> _Exercise_: The reply to the records below should contain exactly the lines from the line with "commit_surface index s" through the line with "-- The role", and nothing besides.

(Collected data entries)
-- ===== src/SessionLock/Render.antt =====
-- crates/session-lock/src/runtime.rs: rendering one surface. Pixels, damage requests and messages
-- to the log are left out.
use genkan.Prelude.{
  ℕ, suc, ◌*◌, Bool, true, false, ◌&&◌, not, Option, none, some, List, [], ◌∷◌, ◌++◌, Text, codes,
  leb, ltb, ◌==◌, if◌then◌else◌, max, keep_if, modify, get_elem?, length,
}
use genkan.SessionLock.Frames.{Presentation, checked_mul}
use genkan.SessionLock.Redraw.{
  RedrawKind, buffer_count, request_role_change, request_frame_callback, committed,
  select_reusable_buffer,
}
use genkan.SessionLock.Geometry.{
  SizeError, overflow, empty, exceeds_limit, ok, err, buffer_size, aligned_buffer_capacity,
}
use genkan.SessionLock.Retirement.{retirement_committed}
use genkan.SessionLock.Runtime.{
  Error, runtime, Surface, SurfaceBuffer, next_generation, optional_eq, LockRuntime,
}
use mathlib.Core.Option

-- What the compositor and the shared memory answer while a surface is rendered. `feedback` is the
-- object for the presentation time, if the compositor offers one.
pub record Device : Type 0 where
  pub feedback : Option ℕ
  pub allocation : Option Text
  pub attachment : Option Text

abbrev pub size_error : SizeError → Error
size_error overflow = runtime (codes "compositor lock-surface dimensions overflow")
size_error empty = runtime (codes "compositor requested an empty lock surface")
size_error exceeds_limit =
    runtime (codes "compositor lock-surface dimensions exceed the supported limit")

abbrev pub max_surface_pixels : ℕ
max_surface_pixels = 16384 * 16384

abbrev pub max_buffer_bytes : ℕ
max_buffer_bytes = 256 * 1024 * 1024

-- The bytes of a buffer that is not too large to address.
safe_bytes : Option ℕ → Option ℕ
safe_bytes none = none
safe_bytes (some pixels) = if leb pixels max_surface_pixels then some (pixels * 4) else none

unfoldable pub buffer_bytes : ℕ → ℕ → Option ℕ
unfolding safe_bytes
buffer_bytes width height = safe_bytes (checked_mul width height)

-- The test of `retain`: the buffer belongs to the surface's size, geometry and role.
unfoldable pub is_current : ℕ × ℕ → Surface → SurfaceBuffer → Bool
is_current (w, h) s b =
    b.size.0 == w
    && (b.size.1 == h
        && (b.geometry_generation == s.geometry_generation
            && b.role_generation == s.role_generation))

unfoldable pub retain_buffers : ℕ × ℕ → Surface → Surface
unfolding is_current
retain_buffers size s = record s { buffers = keep_if (is_current size s) s.buffers }

-- The released buffers, as their indices and the generations of their backgrounds.
unfoldable pub reusable_buffers : ℕ → List SurfaceBuffer → List (ℕ × ℕ)
reusable_buffers i [] = []
reusable_buffers i (b ∷ bs) =
    let rest = reusable_buffers (suc i) bs in
    if b.released then (i, b.background_generation) ∷ rest else rest

-- The surface with a drawn buffer, and the index of that buffer.
pub data Drawn : Type 0 where
  drawn : Surface → ℕ → Drawn
  waiting : Surface → Drawn
  broken : Error → Drawn

abbrev requested_kind : Option RedrawKind → RedrawKind
requested_kind none = RedrawKind.full
requested_kind (some k) = k

redraw_buffer : ℕ → SurfaceBuffer → SurfaceBuffer
redraw_buffer generation b = record b { background_generation = generation }

fresh_buffer : ℕ × ℕ → ℕ → Surface → SurfaceBuffer
fresh_buffer size generation s = record {
  size = size;
  geometry_generation = s.geometry_generation;
  role_generation = s.role_generation;
  background_generation = generation;
  released = true;
}

allocate : Option ℕ → Option Text → ℕ × ℕ → ℕ → Surface → Drawn
unfolding fresh_buffer
allocate none error size generation s = broken (runtime (codes "lock buffer capacity overflow"))
allocate (some capacity) (some e) size generation s =
    broken (runtime (codes "could not allocate lock buffer: " ++ e))
allocate (some capacity) none size generation s =
    drawn (record s { buffers = s.buffers ++ (fresh_buffer size generation s ∷ []) })
      (length s.buffers)

-- A reused buffer ends with the current background on both paths: the full one redraws it, and the
-- other one is taken only where it is current already.
draw_into : Option ℕ → Device → ℕ → ℕ × ℕ → ℕ → Surface → Drawn
unfolding redraw_buffer allocate
draw_into (some index) d bytes size generation s =
    drawn (record s { buffers = modify index (redraw_buffer generation) s.buffers }) index
draw_into none d bytes size generation s =
    if leb buffer_count (length s.buffers)
    then waiting s
    else allocate (aligned_buffer_capacity bytes) d.allocation size generation s

commit_surface : ℕ → Surface → Surface
commit_surface index s = record s {
  buffers = modify index (λ b. record b { released = false }) s.buffers;
  redraw = committed (request_frame_callback s.redraw) s.redraw;
  first_presented = true;
}

-- The role is taken back where no presentation feedback can be had.
restore_role : Surface → Surface
restore_role s = record s {
  authentication = true;
  role_generation = next_generation s.role_generation;
  redraw = request_role_change s.redraw;
}

module _ (P : Presentation) where
  abbrev put_surface : ℕ → Surface → LockRuntime P → LockRuntime P
  put_surface index s r = record r { surfaces = modify index (λ _. s) r.surfaces }

  retirement_step : Bool → LockRuntime P → LockRuntime P
  retirement_step retiring r =
      if retiring
      then record r {
        authentication_retirement = Option.map retirement_committed r.authentication_retirement;
      }
      else r

  -- Attaching and committing the buffer.
  attach : ℕ → Device → Bool → Surface → ℕ → LockRuntime P → LockRuntime P × Option Error
  unfolding commit_surface retirement_step
  attach index d retiring s buffer r = elim d.attachment [
    | some e ↦ (put_surface index s r, some (runtime (codes "could not attach lock buffer: " ++ e)))
    | none ↦ (retirement_step retiring (put_surface index (commit_surface buffer s) r), none)
  ]

  -- A surface that gives authentication up asks for presentation feedback first.
  with_feedback : ℕ → Device → Surface → ℕ → LockRuntime P → LockRuntime P × Option Error
  unfolding attach restore_role
  with_feedback index d s buffer r = elim d.feedback [
    | some f ↦
        attach index d true s buffer (record r { authentication_retirement_feedback = some f })
    | none ↦ (
      put_surface index (restore_role s) (record r {
        retiring_authentication = none;
        authentication_retirement = none;
        authentication_retirement_feedback = none;
      }),
      none,
    )
  ]

  present : ℕ → Device → Bool → Drawn → LockRuntime P → LockRuntime P × Option Error
  unfolding attach with_feedback
  present index d retiring (broken e) r = (r, some e)
  present index d retiring (waiting s) r = (put_surface index s r, none)
  present index d retiring (drawn s buffer) r =
      if retiring then with_feedback index d s buffer r else attach index d false s buffer r

  render_sized : ℕ → Device → ℕ × ℕ → Surface → LockRuntime P → LockRuntime P × Option Error
  unfolding buffer_bytes present draw_into retain_buffers
  render_sized index d size s r =
      let retiring =
        s.redraw.role_pending
        && (not s.authentication && optional_eq r.retiring_authentication (some s.output)) in
      let kept = retain_buffers size s in
      let chosen =
        select_reusable_buffer (requested_kind s.redraw.redraw_pending) r.background_generation
          (reusable_buffers 0 kept.buffers) in
      elim (buffer_bytes size.0 size.1) [
        | none ↦ (r, some (runtime (codes "compositor requested an unsafe lock-surface size")))
        | some bytes ↦
            if ltb max_buffer_bytes bytes
            then (
              r,
              some (
                  runtime
                    (codes "compositor requested a lock buffer larger than the resource budget")),
            )
            else present index d retiring
                (draw_into chosen d bytes size r.background_generation kept) r
      ]

  render_surface : ℕ → Device → Surface → LockRuntime P → LockRuntime P × Option Error
  unfolding render_sized
  render_surface index d s r = elim s.size [
    | none ↦ (r, some (runtime (codes "attempted to render an unconfigured surface")))
    | some (width, height) ↦ elim (buffer_size width height (max s.scale 1)) [
      | err e ↦ (r, some (size_error e))
      | ok w h ↦ render_sized index d (w, h) s r
    ]
  ]

  -- An index outside the list would be a panic; the passes render indices of the list only.
  unfoldable pub render : ℕ → Device → LockRuntime P → LockRuntime P × Option Error
  unfolding render_surface
  render index d r = elim (get_elem? r.surfaces index) [
    | none ↦ (r, none)
    | some s ↦ render_surface index d s r
  ]
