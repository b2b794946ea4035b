-- ===== src/SessionLock/Handlers.antt =====
-- crates/session-lock/src/runtime.rs: the callbacks through which the compositor drives the lock.
use genkan.Prelude.{
  ℕ, Bool, false, ◌&&◌, ◌||◌, not, Option, none, some, List, [], ◌∷◌, Text, codes, leb, ltb, ◌==◌,
  if◌then◌else◌, is_some, max, ◌++◌, any, keep_if, position, modify,
}
use genkan.SessionLock.Frames.{Presentation, Input, text, backspace, submit, cancel, next_page}
use genkan.SessionLock.Lifecycle.{State, Action, lock_confirmed, lock_finished, update}
use genkan.SessionLock.Redraw.{
  RedrawKind, default_redraw, request_geometry, request_role_change, frame_done,
}
use mathlib.Core.Option
use genkan.SessionLock.Retirement.{
  AuthenticationRetirement, accepts_presentation, retirement_discarded,
}
use genkan.SessionLock.Runtime.{
  Error, runtime, Surface, Outside, next_generation, optional_eq, LockRuntime, fail,
  redraw_all_surfaces, classify_overlay_redraw, refresh_authentication_output, apply,
}

-- What the output registry knows of an output, and the surface that would be created for it.
pub record Output : Type 0 where
  pub id : ℕ
  pub name : Option Text
  pub fresh_surface : ℕ

pub data Keysym : Type 0 where
  back_space return kp_enter escape tab other : Keysym

-- `char::is_control`.
abbrev is_control : ℕ → Bool
is_control c = ltb c 32 || (leb 127 c && ltb c 160)

text_input : Option Text → Option Input
text_input none = none
text_input (some t) = if any is_control t then none else some (text t)

unfoldable pub key_input : Keysym → Option Text → Option Input
unfolding text_input
key_input back_space utf8 = some backspace
key_input return utf8 = some submit
key_input kp_enter utf8 = some submit
key_input escape utf8 = some cancel
key_input tab utf8 = some next_page
key_input other utf8 = text_input utf8

unfoldable pub lock_confirmation_action : State → Bool → State × Action
lock_confirmation_action s blocked = if blocked then (s, Action.none) else update s lock_confirmed

new_surface : Output → Surface
new_surface o = record {
  output = o.id;
  output_name = o.name;
  lock_surface = o.fresh_surface;
  size = none;
  scale = 1;
  geometry_generation = 0;
  role_generation = 0;
  buffers = [];
  authentication = false;
  redraw = record default_redraw { redraw_pending = some RedrawKind.full };
  first_presented = false;
}

-- `configure` on the surface that it names.
configure_surface : ℕ × ℕ → Surface → Surface
configure_surface new_size s = record s {
  size = some new_size;
  geometry_generation = next_generation s.geometry_generation;
  redraw = request_geometry s.redraw;
}

abbrev same_size : Option (ℕ × ℕ) → ℕ × ℕ → Bool
same_size none (w, h) = false
same_size (some (a, b)) (w, h) = a == w && b == h

unfoldable pub configured : ℕ × ℕ → Surface → Surface
unfolding configure_surface
configured new_size s = if same_size s.size new_size then s else configure_surface new_size s

unfoldable pub rescaled : ℕ → Surface → Surface
rescaled scale s = if s.scale == max scale 1 then s else record s {
  scale = max scale 1;
  geometry_generation = next_generation s.geometry_generation;
  redraw = request_geometry s.redraw;
}

abbrev named : Option Text → Surface → Surface
named name s = record s { output_name = name }

-- The first element that passes the test is replaced by its image.
abbrev pub modify_first {ℓ} : {A : Type ℓ} → (A → Bool) → (A → A) → List A → List A
modify_first p f [] = []
modify_first p f (x ∷ xs) = let rest = modify_first p f xs in if p x then f x ∷ xs else x ∷ rest

module _ (P : Presentation) where
  -- `locked` and `finished`.
  unfoldable pub locked : Outside → LockRuntime P → LockRuntime P
  unfolding lock_confirmation_action
  locked outside r =
      let (state, action) = lock_confirmation_action r.state (is_some r.failure || r.terminate) in
      apply P outside action (record r { state = state })

  unfoldable pub finished : Outside → LockRuntime P → LockRuntime P
  finished outside r =
      let (state, action) = update r.state lock_finished in
      apply P outside action (record r { state = state })

  unfoldable pub configure : ℕ → ℕ → ℕ × ℕ → LockRuntime P → LockRuntime P
  unfolding configured
  configure now surface new_size r = elim (position (λ s. s.lock_surface == surface) r.surfaces) [
    | none ↦ fail P (runtime (codes "configured an unknown lock surface")) r
    | some index ↦
        refresh_authentication_output P now
          (record r { surfaces = modify index (configured new_size) r.surfaces })
  ]

  -- A negative scale counts as 0: both become 1.
  unfoldable pub scale_factor_changed : ℕ → ℕ → LockRuntime P → LockRuntime P
  unfolding rescaled
  scale_factor_changed surface scale r = record r {
    surfaces = modify_first (λ s. s.lock_surface == surface) (rescaled scale) r.surfaces;
  }

  unfoldable pub frame_callback : ℕ → LockRuntime P → LockRuntime P
  frame_callback surface r = if r.terminate then r else record r {
    surfaces =
        modify_first (λ s. s.lock_surface == surface)
          (λ s. record s { redraw = frame_done s.redraw }) r.surfaces;
  }

  unfoldable pub add_surface : ℕ → Output → LockRuntime P → LockRuntime P × Option Error
  unfolding new_surface
  add_surface now output r =
      if any (λ s. s.output == output.id) r.surfaces
      then (r, none)
      else if not r.session_lock
      then (r, some (runtime (codes "lock surface requested without a lock")))
      else (
        refresh_authentication_output P now
            (record r { surfaces = r.surfaces ++ (new_surface output ∷ []) }),
        none,
      )

  fail_on : Option Error → LockRuntime P → LockRuntime P
  fail_on none r = r
  fail_on (some e) r = fail P e r

  unfoldable pub new_output : ℕ → Output → LockRuntime P → LockRuntime P
  unfolding add_surface fail_on
  new_output now output r =
      if r.session_lock && not r.terminate
      then if any (λ s. s.output == output.id) r.surfaces
        then refresh_authentication_output P now (record r {
          surfaces = modify_first (λ s. s.output == output.id) (named output.name) r.surfaces;
        })
        else (let (r', error) = add_surface now output r in fail_on error r')
      else r

  unfoldable pub update_output : ℕ → Output → LockRuntime P → LockRuntime P
  update_output now output r = refresh_authentication_output P now (record r {
    surfaces = modify_first (λ s. s.output == output.id) (named output.name) r.surfaces;
  })

  abbrev forget_retirement : LockRuntime P → LockRuntime P
  forget_retirement r = record r {
    retiring_authentication = none;
    authentication_retirement = none;
    authentication_retirement_feedback = none;
  }

  unfoldable pub output_destroyed : ℕ → ℕ → LockRuntime P → LockRuntime P
  output_destroyed now output r =
      let r' =
        if optional_eq r.retiring_authentication (some output) then forget_retirement r else r in
      refresh_authentication_output P now
        (record r' { surfaces = keep_if (λ s. not (s.output == output)) r'.surfaces })

  accepts : Option AuthenticationRetirement → Bool
  accepts none = false
  accepts (some retirement) = accepts_presentation retirement

  unfoldable pub presented : ℕ → ℕ → LockRuntime P → LockRuntime P
  unfolding accepts
  presented now feedback r =
      if not (optional_eq r.authentication_retirement_feedback (some feedback))
        || not (accepts r.authentication_retirement)
      then r
      else refresh_authentication_output P now (forget_retirement r)

  unfoldable pub discarded : ℕ → ℕ → LockRuntime P → LockRuntime P
  discarded feedback surface r =
      if not (optional_eq r.authentication_retirement_feedback (some feedback))
      then r
      else record r {
        authentication_retirement_feedback = none;
        authentication_retirement = Option.map retirement_discarded r.authentication_retirement;
        surfaces =
            modify_first (λ s. s.lock_surface == surface)
              (λ s. record s { redraw = request_role_change s.redraw }) r.surfaces;
      }

  unfoldable pub give_input : Option Input → LockRuntime P → LockRuntime P × Bool
  give_input none r = (r, false)
  give_input (some i) r =
      let (changed, p) = P.input r.presentation i in (record r { presentation = p }, changed)

  -- `handle_key`, for a pressed or a repeated key.
  unfoldable pub handle_key : Keysym → Option Text → LockRuntime P → LockRuntime P
  unfolding key_input give_input
  handle_key keysym utf8 r =
      let (r', changed) = give_input (key_input keysym utf8) r in
      let (classified, kind) = classify_overlay_redraw P r' in
      if changed then redraw_all_surfaces P kind classified else r'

> _Task answer_:
commit_surface index s = record s {
  buffers = modify index (λ b. record b { released = false }) s.buffers;
  redraw = committed (request_frame_callback s.redraw) s.redraw;
  first_presented = true;
}

-- The role is taken back where no presentation feedback can be had.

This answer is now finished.